IV. REGULATING BLOOD AND PLASMA PRODUCTS

A. European Union The political fallout from national HIV blood contamination episodes provided the catalyst for regulatory initiatives at supranational level, particularly in the EU context.70 The EU has legal competence to adopt minimum harmonisation measures setting standards for blood quality and safety.71 Such standards are now set out in what has become known as the Blood Directive, which came into force on an EU-wide basis in 2005.72 Although problems have been experienced in relation to various aspects of its implementation,73 it represents the first and only attempt at creating a legally-binding transnational risk regulation regime for blood quality and safety.74 Controversy dominated the passage of the Blood Directive through the legislative process, with conflict centred predominantly on what should be recognised as the preferred method of blood donation—paid or unpaid— within the EU.75 During the passage of the Blood Directive in the European Parliament, the protagonists involved in the longstanding ‘gift v commodity’ stakeholder

70 AM Farrell, ‘Is the Gift Still Good?
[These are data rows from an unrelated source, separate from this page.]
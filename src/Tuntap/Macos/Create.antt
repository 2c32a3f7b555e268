-- ===== src/Tuntap/Macos/Create.antt =====
-- platform/macos/device.rs: `Device::new`. The system calls are parameters.
use tache_rs.Prelude.{
  ℕ, ◌-◌, ◌==◌, ltb, if◌then◌else◌, Bool, true, false, Option, none, some, List, [], ◌∷◌, ◌++◌, ◌⊎◌,
  inl, inr, length, drop, replicate,
}
use tache_rs.Std.Exec.{Outcome, ok, err, panicked}
use tache_rs.Std.Int.{ℤ, pos, negsuc}
use tache_rs.Std.Io.{IoError}
use tache_rs.Std.Text.{text}
use tache_rs.Std.Parse.{parse_i32}
use tache_rs.Tuntap.Error.{Error, name_too_long, invalid_name, invalid_number, io}
use tache_rs.Tuntap.Fd
use tache_rs.Tuntap.Fd.{Fd}
use tache_rs.Tuntap.Device.{Device, Syscall}
use tache_rs.Tuntap.Builder.{Configuration}
use tache_rs.Tuntap.Opening.{Host, owned, drop_device, with_ctl}

abbrev pub ifnamsiz : ℕ
ifnamsiz = 16

abbrev pub af_sys_control : ℕ
af_sys_control = 2

abbrev pub af_system : ℕ
af_system = 32

abbrev pub utun_control_name : List ℕ
utun_control_name = text "com.apple.net.utun_control"

-- `sockaddr_ctl`, whose size is 32 bytes.
pub record SockaddrCtl : Type 0 where
  pub sc_len : ℕ
  pub sc_family : ℕ
  pub ss_sysaddr : ℕ
  pub sc_id : ℕ
  pub sc_unit : ℕ
  pub sc_reserved : List ℕ

pub record Creation (K : Type 0) : Type 0 where
  pub host : Host K
  -- The socket of the tunnel.
  pub socket_system : K → ℤ × K
  -- The identifier of the control with this name, in 96 bytes.
  pub ctliocginfo : ℤ → List ℕ → Syscall K ℕ
  pub connect : ℤ → SockaddrCtl → Syscall K (Unit {0})
  -- The name of the interface, in 64 bytes.
  pub getsockopt : ℤ → Syscall K (List ℕ)

abbrev pub starts_with : List ℕ → List ℕ → Bool
starts_with [] s = true
starts_with (p ∷ ps) [] = false
starts_with (p ∷ ps) (c ∷ cs) = if p == c then starts_with ps cs else false

-- `.parse()?`
abbrev pub parsed : Option ℤ → Outcome Error ℤ
parsed none = err invalid_number
parsed (some n) = ok n

unfoldable pub unit_of : Option (List ℕ) → Outcome Error ℤ
unfolding parse_i32
unit_of none = ok (pos 0)
unit_of (some name) =
    if ltb ifnamsiz (length name)
    then err name_too_long
    else if starts_with (text "utun") name
    then parsed (parse_i32 (drop 4 name))
    else err invalid_name

-- `id as c_uint`
abbrev pub as_c_uint : ℤ → ℕ
as_c_uint (pos n) = n
as_c_uint (negsuc n) = 0xffffffff - n

-- The text over the front of an array of 96 zeros; it is shorter.
abbrev pub ctl_name : List ℕ
ctl_name = utun_control_name ++ replicate (96 - length utun_control_name) 0

abbrev pub control : ℤ → ℕ → SockaddrCtl
control id ctl_id = record {
  sc_len = 32;
  sc_family = af_system;
  ss_sysaddr = af_sys_control;
  sc_id = ctl_id;
  sc_unit = as_c_uint id;
  sc_reserved = replicate 5 0;
}

module _ {K : Type 0} (sys : Creation K) where
  -- With the name that the system gave.
  abbrev pub with_name : Fd → (IoError ⊎ List ℕ) × K → Outcome Error Device × K
  with_name tun (inl e, k) = (err (io e), Fd.drop sys.host.posix tun k)
  with_name tun (inr name, k) = with_ctl sys.host tun name (owned sys.host (sys.host.socket k))

  abbrev pub connected : Fd → (IoError ⊎ Unit {0}) × K → Outcome Error Device × K
  connected tun (inl e, k) = (err (io e), Fd.drop sys.host.posix tun k)
  connected tun (inr _, k) = with_name tun (sys.getsockopt tun.raw k)

  -- With the identifier of the control.
  abbrev pub with_info : ℤ → Fd → (IoError ⊎ ℕ) × K → Outcome Error Device × K
  with_info id tun (inl e, k) = (err (io e), Fd.drop sys.host.posix tun k)
  with_info id tun (inr ctl_id, k) = connected tun (sys.connect tun.raw (control id ctl_id) k)

  abbrev pub with_tun : ℤ → (IoError ⊎ Fd) × K → Outcome Error Device × K
  with_tun id (inl e, k) = (err (io e), k)
  with_tun id (inr tun, k) = with_info id tun (sys.ctliocginfo tun.raw ctl_name k)

  abbrev pub with_unit : Outcome Error ℤ → K → Outcome Error Device × K
  with_unit (ok id) k = with_tun id (owned sys.host (sys.socket_system k))
  with_unit (err e) k = (err e, k)
  with_unit panicked k = (panicked, k)

  unfoldable pub new : Configuration → K → Outcome Error Device × K
  unfolding owned drop_device unit_of
  new config k = with_unit (unit_of config.name) k
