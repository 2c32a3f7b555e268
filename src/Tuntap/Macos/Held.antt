-- ===== src/Tuntap/Macos/Held.antt =====
-- The descriptors that a program holds before and after `Device::new` of macOS.
use tache_rs.Prelude.{
  ℕ, subst, ◌≡◌, ◌≢◌, refl, ◌∙◌, false, ltb, Option, none, some, List, ◌∷◌, ◌⊎◌, inl, inr, length,
  drop, Bool-cases, Option-cases,
}
use tache_rs.Std.Exec.{Outcome, ok, err, panicked}
use tache_rs.Std.Int.{ℤ, is_negative}
use tache_rs.Std.Io.{IoError}
use tache_rs.Std.Text.{text}
use tache_rs.Std.Parse.{parse_i32}
use tache_rs.Tuntap.Error.{Error, name_too_long, invalid_name, invalid_number}
use tache_rs.Tuntap.Fd.{Fd}
use tache_rs.Tuntap.Builder.{Configuration}
use tache_rs.Tuntap.Opening.{owned}
use tache_rs.Tuntap.Opening.Held.{Gives, Holds, Keeps, Owns, owned-Owns, drop_one, with_ctl-Keeps}
use tache_rs.Tuntap.Macos.Create.{
  Creation, SockaddrCtl, starts_with, unit_of, control, ctl_name, with_name, connected, with_info,
  with_tun, with_unit, new,
}

module _ {K : Type 0} (sys : Creation K) (held : K → List ℤ) where
  -- What the system does with the descriptors of the program.
  pub record HoldsUtun : Type 0 where
    pub host : Holds sys.host held
    pub socket_system : (k : K) → Gives sys.host held k (sys.socket_system k)
    pub ctliocginfo : (fd : ℤ) (name : List ℕ) (k : K) → held (sys.ctliocginfo fd name k).1 ≡ held k
    pub connect : (fd : ℤ) (addr : SockaddrCtl) (k : K) → held (sys.connect fd addr k).1 ≡ held k
    pub getsockopt : (fd : ℤ) (k : K) → held (sys.getsockopt fd k).1 ≡ held k

  module _ (holds : HoldsUtun) (before : List ℤ) where
    with_name-Keeps :
        (tun : Fd) (r : (IoError ⊎ List ℕ) × K)
        → held r.1 ≡ tun.raw ∷ before
        → is_negative tun.raw ≡ false
        → Keeps sys.host held before (with_name sys tun r)
    with_name-Keeps tun (inl e, k) h valid = drop_one sys.host held holds.host before tun k h valid
    with_name-Keeps tun (inr name, k) h valid =
        with_ctl-Keeps sys.host held holds.host before tun name (owned sys.host (sys.host.socket k))
          (subst (λ (l : List ℤ). Owns sys.host held l (owned sys.host (sys.host.socket k))) h
            (owned-Owns sys.host held k (sys.host.socket k) (holds.host.socket k)))
          valid

    connected-Keeps :
        (tun : Fd) (r : (IoError ⊎ Unit {0}) × K)
        → held r.1 ≡ tun.raw ∷ before
        → is_negative tun.raw ≡ false
        → Keeps sys.host held before (connected sys tun r)
    connected-Keeps tun (inl e, k) h valid = drop_one sys.host held holds.host before tun k h valid
    connected-Keeps tun (inr _, k) h valid =
        with_name-Keeps tun (sys.getsockopt tun.raw k) (holds.getsockopt tun.raw k ∙ h) valid

    with_info-Keeps :
        (id : ℤ) (tun : Fd) (r : (IoError ⊎ ℕ) × K)
        → held r.1 ≡ tun.raw ∷ before
        → is_negative tun.raw ≡ false
        → Keeps sys.host held before (with_info sys id tun r)
    with_info-Keeps id tun (inl e, k) h valid =
        drop_one sys.host held holds.host before tun k h valid
    with_info-Keeps id tun (inr ctl_id, k) h valid =
        let addr = control id ctl_id in
        connected-Keeps tun (sys.connect tun.raw addr k) (holds.connect tun.raw addr k ∙ h) valid

    with_tun-Keeps :
        (id : ℤ) (r : (IoError ⊎ Fd) × K)
        → Owns sys.host held before r
        → Keeps sys.host held before (with_tun sys id r)
    with_tun-Keeps id (inl e, k) h = h
    with_tun-Keeps id (inr tun, k) h =
        with_info-Keeps id tun (sys.ctliocginfo tun.raw ctl_name k)
          (holds.ctliocginfo tun.raw ctl_name k ∙ h.0) h.1

    with_unit-Keeps :
        (o : Outcome Error ℤ) (k : K)
        → o ≢ panicked
        → held k ≡ before
        → Keeps sys.host held before (with_unit sys o k)
    with_unit-Keeps (ok id) k h e = with_tun-Keeps id (owned sys.host (sys.socket_system k)) (
        subst (λ (l : List ℤ). Owns sys.host held l (owned sys.host (sys.socket_system k))) e
          (owned-Owns sys.host held k (sys.socket_system k) (holds.socket_system k)))
    with_unit-Keeps (err x) k h e = e
    with_unit-Keeps panicked k h e = absurd (h refl)

unit_of_total : (name : Option (List ℕ)) → unit_of name ≢ panicked
unfolding unit_of
unit_of_total none h = cc
unit_of_total (some name) h = elim (Bool-cases (ltb 16 (length name))) [
  | inl long ↦ let f : err name_too_long ≡ panicked = rw long at h in cc
  | inr short ↦ elim (Bool-cases (starts_with (text "utun") name)) [
    | inr foreign ↦ let f : err invalid_name ≡ panicked = rw (short, foreign) at h in cc
    | inl utun ↦ elim (Option-cases (parse_i32 (drop 4 name))) [
      | inl bad ↦ let f : err invalid_number ≡ panicked = rw (short, utun, bad) at h in cc
      | inr (n, good) ↦ let f : ok n ≡ panicked = rw (short, utun, good) at h in cc
    ]
  ]
]

-- The system adds a descriptor to those of the program where it gives one, takes it away where
-- it is closed, and changes nothing else of them. Then `new` never panics: it returns a device
-- that has two more descriptors than the program had, or it fails and leaves the program with
-- those that it had, whatever the name is and whichever of its steps went wrong.
pub utun-Keeps :
    {K : Type 0}
    → (sys : Creation K) (held : K → List ℤ) (config : Configuration) (k : K) → HoldsUtun sys held
    → Keeps sys.host held (held k) (new sys config k)
unfolding new
utun-Keeps sys held config k holds =
    with_unit-Keeps sys held holds (held k) (unit_of config.name) k (unit_of_total config.name) refl
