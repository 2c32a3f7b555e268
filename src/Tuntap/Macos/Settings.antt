-- ===== src/Tuntap/Macos/Settings.antt =====
-- What is set on an interface of macOS is read back.
use tache_rs.Prelude.{ℕ, ◌≡◌, refl, List, inr, All}
use tache_rs.Std.Exec.{ok}
use tache_rs.Std.Int.{ℤ}
use tache_rs.Std.Net.{Ipv4Addr, IsByte, octets_v4}
use tache_rs.Std.Array.{filled}
use tache_rs.Tuntap.SockAddr.{Sockaddr, from_ipv4, into_sockaddr}
use tache_rs.Tuntap.SockAddr.RoundTrip.{unchecked_any_family}
use tache_rs.Tuntap.Device.{Device, Syscall, request, put_addr}
use tache_rs.Tuntap.Device.Names.{HasShortName, copy_short}
use tache_rs.Tuntap.Device.Settings.{Keeps, succeeded, addr_kept}
use tache_rs.Tuntap.Macos.{
  Ioctls, address, set_address, destination, set_destination, broadcast, set_broadcast, netmask,
  set_netmask, mtu, set_mtu, get_unchecked,
}

-- The system keeps the address of what it was given, and may change the family.
abbrev pub KeepsData :
    (K : Type 0)
    → (ℤ → List ℕ → Sockaddr → Syscall K Unit)
    → (ℤ → List ℕ → Syscall K Sockaddr)
    → Type 0
KeepsData K set get =
    (fd : ℤ) (name : List ℕ) (value : Sockaddr) (k k' : K)
    → set fd name value k ≡ (inr tt, k')
    → (family : ℕ) × (get fd name k' ≡ (inr (record value { sa_family = family }), k'))

-- What the system keeps of an interface.
pub record KeepsSettings {K : Type 0} (ioctls : Ioctls K) : Type 0 where
  pub addr : Keeps K Sockaddr ioctls.siocsifaddr ioctls.siocgifaddr
  pub dstaddr : Keeps K Sockaddr ioctls.siocsifdstaddr ioctls.siocgifdstaddr
  pub brdaddr : Keeps K Sockaddr ioctls.siocsifbrdaddr ioctls.siocgifbrdaddr
  pub netmask : KeepsData K ioctls.siocsifnetmask ioctls.siocgifnetmask
  pub mtu : Keeps K ℤ ioctls.siocsifmtu ioctls.siocgifmtu

module _ {K : Type 0} (ioctls : Ioctls K) (dev : Device) (short : HasShortName dev) (k k' : K) where
  netmask_kept :
      (ip : Ipv4Addr)
      → KeepsData K ioctls.siocsifnetmask ioctls.siocgifnetmask
      → All IsByte (octets_v4 ip)
      → set_netmask ioctls dev ip k ≡ (ok tt, k')
      → netmask ioctls dev k' ≡ (ok ip, k')
  unfolding set_netmask netmask put_addr get_unchecked request
  netmask_kept ip keeps bytes h =
      let sock = into_sockaddr (from_ipv4 ip) in
      let done : ioctls.siocsifnetmask dev.ctl.raw (filled dev.name 16) sock k ≡ (inr tt, k') =
        succeeded _ k' (rw (copy_short dev.name k short) at h) in
      let (family, got) = keeps dev.ctl.raw (filled dev.name 16) sock k k' done in
      rw (copy_short dev.name k' short, got, unchecked_any_family ip family bytes) refl

  mtu_kept :
      (value : ℤ)
      → Keeps K ℤ ioctls.siocsifmtu ioctls.siocgifmtu
      → set_mtu ioctls dev value k ≡ (ok tt, k')
      → mtu ioctls dev k' ≡ (ok value, k')
  unfolding set_mtu mtu request
  mtu_kept value keeps h =
      let done : ioctls.siocsifmtu dev.ctl.raw (filled dev.name 16) value k ≡ (inr tt, k') =
        succeeded _ k' (rw (copy_short dev.name k short) at h) in
      rw (copy_short dev.name k' short, keeps dev.ctl.raw (filled dev.name 16) value k k' done) refl

-- Where macOS keeps what it was given, except that the family of a netmask may be another one,
-- an address of four octets that was set without an error on an interface with a name of at
-- most 15 bytes is read back as the same address, the netmask whatever its family is, and the
-- MTU likewise.
pub utun_read_back :
    {K : Type 0}
    → (ioctls : Ioctls K) (dev : Device) (a b c d : Ipv4Addr) (value : ℤ) (k ka kb kc kd km : K)
    → KeepsSettings ioctls
    → HasShortName dev
    → All IsByte (octets_v4 a)
    → All IsByte (octets_v4 b)
    → All IsByte (octets_v4 c)
    → All IsByte (octets_v4 d)
    → set_address ioctls dev a k ≡ (ok tt, ka)
    → set_destination ioctls dev b k ≡ (ok tt, kb)
    → set_broadcast ioctls dev c k ≡ (ok tt, kc)
    → set_netmask ioctls dev d k ≡ (ok tt, kd)
    → set_mtu ioctls dev value k ≡ (ok tt, km)
    → (address ioctls dev ka ≡ (ok a, ka))
      × (destination ioctls dev kb ≡ (ok b, kb))
      × (broadcast ioctls dev kc ≡ (ok c, kc))
      × (netmask ioctls dev kd ≡ (ok d, kd))
      × (mtu ioctls dev km ≡ (ok value, km))
unfolding set_address address set_destination destination set_broadcast broadcast
utun_read_back ioctls dev a b c d value k ka kb kc kd km keeps short ia ib ic id sa sb sc sd sm = (
  addr_kept dev short k ka ioctls.siocsifaddr ioctls.siocgifaddr a keeps.addr ia sa,
  addr_kept dev short k kb ioctls.siocsifdstaddr ioctls.siocgifdstaddr b keeps.dstaddr ib sb,
  addr_kept dev short k kc ioctls.siocsifbrdaddr ioctls.siocgifbrdaddr c keeps.brdaddr ic sc,
  netmask_kept ioctls dev short k kd d keeps.netmask id sd,
  mtu_kept ioctls dev short k km value keeps.mtu sm,
)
Examining the Politics and Regulation of Blood Safety in the European Union’ (2006) 14 Medical Law Review 155, 169. 71 Article 168(4) TFEU. 72 Directive 2002/98/EC of the European Parliament and of the Council of 27 January 2003 setting standards of quality and safety for the collection, testing, processing, storage and distribution of human blood and blood components and amending Directive 2001/83/EC [2003] OJ L33/30 (Blood Directive). 73 For an overview, see Farrell, ‘Risk, Legitimacy and the Regulation of Health Technologies’ 212–14. 74 Farrell, ‘Is the Gift Still Good?’ 178. 75 F Sauer, F Delaney and E Fernandez-Zincke, ‘The Regulation of Blood and Tissues in the European Union’ (2005) 6 Pharmaceuticals Policy and Law 47.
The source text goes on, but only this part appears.